Material provided: Begin

-- ===== src/Projfs/Total.antt =====
-- When `create_dir_map` of rstr_projfs/src/projfs.rs panics.
use rstr.Prelude.{
  ◌≡◌, refl, ◌∙◌, inl, inr, Bool, true, false, ◌||◌, Option, none, some, List, [], ◌∷◌, arith,
  Bool-cases, Option-cases, ◌==◌, ◌↔◌, subst, ℕ, not,
}
use rstr.Prelude.Text.{Text, text_eq, text_eq_refl, split, onto_first, join}
use rstr.Meta.Types.{Meta}
use rstr.Client.Paths.{all_but_last}
use rstr.Projfs.DirMap.{
  DirNode, FileInfo, DirMap, get, change, empty_node, push_dir, push_file, current_path, with_dir,
  add_dir, make_dirs, file_info, put_file, last_part, add_meta, add_all, create_dir_map,
}
use rstr.Projfs.Listed.{get-insert, get-change}

abbrev is_some : Option DirNode → Bool
is_some none = false
is_some (some node) = true

abbrev pub has : Text → DirMap → Bool
has k map = is_some (get k map)

with_dir-has :
    (k root dir_name : Text) (map : DirMap)
    → has k map ≡ true
    → has k (with_dir root dir_name map) ≡ true
unfolding with_dir
with_dir-has k root dir_name map h = ground (
  arith,
  get-insert k (current_path root dir_name) (empty_node dir_name [])
      (change root (push_dir dir_name) map),
  get-change k root (push_dir dir_name) map,
)

with_dir-has_new :
    (root dir_name : Text) (map : DirMap)
    → has (current_path root dir_name) (with_dir root dir_name map) ≡ true
unfolding with_dir
with_dir-has_new root dir_name map = ground (
  arith,
  get-insert (current_path root dir_name) (current_path root dir_name) (empty_node dir_name [])
      (change root (push_dir dir_name) map),
  text_eq_refl (current_path root dir_name),
)

put_file-has :
    (k path dir_name : Text) (file : FileInfo) (map : DirMap)
    → has k map ≡ true
    → has k (put_file path dir_name file map) ≡ true
unfolding put_file
put_file-has k path dir_name file map h = elim (Option-cases (get path map)) [
  | inl new ↦ ground (arith, new, get-insert k path (empty_node dir_name (file ∷ [])) map)
  | inr (node, old) ↦ ground (arith, old, get-change k path (push_file file) map)
]

-- The loop over the directories never unwraps a missing node.
make_dirs_total :
    (root : Text) (parts : List Text) (map : DirMap)
    → has root map ≡ true
    → has [] map ≡ true
    → (grown : DirMap) × (make_dirs root parts map ≡ some grown) × (has [] grown ≡ true)
unfolding make_dirs add_dir
make_dirs_total root [] map h top = (map, refl, top)
make_dirs_total root (dir_name ∷ parts) map h top =
    elim (Option-cases (get (current_path root dir_name) map)) [
      | inr (node, old) ↦ rw (old, make_dirs) (make_dirs_total root parts map h top)
      | inl new ↦ elim (Option-cases (get root map)) [
        | inl missing ↦ absurd (ground (arith, missing))
        | inr (node, there) ↦
            rw (new, make_dirs)
              (rw there (
                make_dirs_total (current_path root dir_name) parts (with_dir root dir_name map)
                  (with_dir-has_new root dir_name map) (with_dir-has [] root dir_name map top)))
      ]
    ]

-- Is there a slash in the path?
abbrev pub has_slash : Text → Bool
has_slash [] = false
has_slash (c ∷ path) = (c == b'/') || has_slash path

abbrev is_nil : List Text → Bool
is_nil [] = true
is_nil (p ∷ pieces) = false

onto_first-not_nil : (c : ℕ) (pieces : List Text) → is_nil (onto_first c pieces) ≡ false
unfolding onto_first
onto_first-not_nil c [] = refl
onto_first-not_nil c (piece ∷ pieces) = refl

split-not_nil : (path : Text) → is_nil (split path) ≡ false
unfolding split
split-not_nil [] = refl
split-not_nil (c ∷ path) = elim (Bool-cases (c == b'/')) [
  | inl slash ↦ rw slash
  | inr other ↦ rw other (onto_first-not_nil c (split path))
]

slash_first :
    (pieces : List Text) → is_nil pieces ≡ false → is_nil (all_but_last ([] ∷ pieces)) ≡ false
unfolding all_but_last
slash_first [] h = cc
slash_first (piece ∷ pieces) h = refl

onto_first-all_but_last :
    (c : ℕ) (pieces : List Text)
    → is_nil (all_but_last (onto_first c pieces)) ≡ is_nil (all_but_last pieces)
unfolding onto_first all_but_last
onto_first-all_but_last c [] = refl
onto_first-all_but_last c (piece ∷ []) = refl
onto_first-all_but_last c (piece ∷ next ∷ pieces) = refl

-- A path without a slash, and no other, has no directories.
directories-slash : (path : Text) → is_nil (all_but_last (split path)) ≡ not (has_slash path)
unfolding split
directories-slash [] = unfold all_but_last in refl
directories-slash (c ∷ path) = elim (Bool-cases (c == b'/')) [
  | inl slash ↦ rw slash (slash_first (split path) (split-not_nil path))
  | inr other ↦ rw other (onto_first-all_but_last c (split path) ∙ directories-slash path)
]

last_part-is_nil :
    (parts : List Text) (dir_name : Text) → last_part parts ≡ some dir_name → is_nil parts ≡ false
unfolding last_part
last_part-is_nil [] dir_name h = cc
last_part-is_nil (part ∷ parts) dir_name h = refl

last_part-none : (parts : List Text) → last_part parts ≡ none → is_nil parts ≡ true
unfolding last_part
last_part-none [] h = refl
last_part-none (part ∷ parts) h = cc

-- A round panics exactly on a path without a slash; else it leaves the root in the map.
abbrev Round : Bool → Option DirMap → Type 0
Round true result = (grown : DirMap) × (result ≡ some grown) × (has [] grown ≡ true)
Round false result = result ≡ none

add_meta-Round :
    (e : Meta) (map : DirMap) → has [] map ≡ true → Round (has_slash e.path) (add_meta e map)
unfolding add_meta
add_meta-Round e map top =
    let (grown, made, root) = make_dirs_total [] (all_but_last (split e.path)) map top top in
    elim (Option-cases (last_part (all_but_last (split e.path)))) [
      | inl none_there ↦
          let flat : has_slash e.path ≡ false = ground (
            arith,
            directories-slash e.path,
            last_part-none (all_but_last (split e.path)) none_there,
          ) in
          rw flat (ground (arith, made, none_there))
      | inr (dir_name, there) ↦
          let deep : has_slash e.path ≡ true = ground (
            arith,
            directories-slash e.path,
            last_part-is_nil (all_but_last (split e.path)) dir_name there,
          ) in
          rw deep (
            put_file (join (all_but_last (split e.path))) dir_name (file_info e) grown,
            ground (arith, made, there),
            put_file-has [] (join (all_but_last (split e.path))) dir_name (file_info e) grown root,
          )
    ]

-- Some path has no slash.
abbrev pub any_flat : List Meta → Bool
any_flat [] = false
any_flat (e ∷ entries) = not (has_slash e.path) || any_flat entries

abbrev AllMade : Bool → Option DirMap → Type 0
AllMade true result = result ≡ none
AllMade false result = (map : DirMap) × (result ≡ some map)

add_all-made :
    (entries : List Meta) (map : DirMap)
    → has [] map ≡ true
    → AllMade (any_flat entries) (add_all entries map)
unfolding add_all
add_all-made [] map top = (map, refl)
add_all-made (e ∷ entries) map top = elim (Bool-cases (has_slash e.path)) [
  | inr flat ↦
      let panics : add_meta e map ≡ none =
        subst (λ (b : Bool). Round b (add_meta e map)) flat (add_meta-Round e map top) in
      rw flat (rw (panics, add_all) refl)
  | inl deep ↦
      let (grown, made, root) =
        subst (λ (b : Bool). Round b (add_meta e map)) deep (add_meta-Round e map top) in
      rw deep (rw (made, add_all) (add_all-made entries grown root))
]

-- The map is made, unless some path has no slash at all: then, and only then, the program panics.
pub create_dir_map_panics :
    (entries : List Meta) → (create_dir_map entries ≡ none) ↔ (any_flat entries ≡ true)
unfolding create_dir_map
create_dir_map_panics entries =
    let made = add_all-made entries (([], empty_node [] []) ∷ []) (unfold get text_eq in refl) in
    elim (Bool-cases (any_flat entries)) [
      | inl flat ↦
          let panics : create_dir_map entries ≡ none =
            subst (λ (b : Bool). AllMade b (create_dir_map entries)) flat made in
          (λ _. flat, λ _. panics)
      | inr deep ↦
          let (map, fine) = subst (λ (b : Bool). AllMade b (create_dir_map entries)) deep made in
          (λ h. absurd (ground (arith, h, fine)), λ h. absurd (ground (arith, h, deep)))
    ]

Material provided: End

> [Goal of the exercise]: From the line containing "(dir_name, there) ↦" down to the line containing "any_flat [] = false" in the material above, reproduce every line exactly, including the two end lines.

> [Task result]:
      | inr (dir_name, there) ↦
          let deep : has_slash e.path ≡ true = ground (
            arith,
            directories-slash e.path,
            last_part-is_nil (all_but_last (split e.path)) dir_name there,
          ) in
          rw deep (
            put_file (join (all_but_last (split e.path))) dir_name (file_info e) grown,
            ground (arith, made, there),
            put_file-has [] (join (all_but_last (split e.path))) dir_name (file_info e) grown root,
          )
    ]

-- Some path has no slash.
abbrev pub any_flat : List Meta → Bool
any_flat [] = false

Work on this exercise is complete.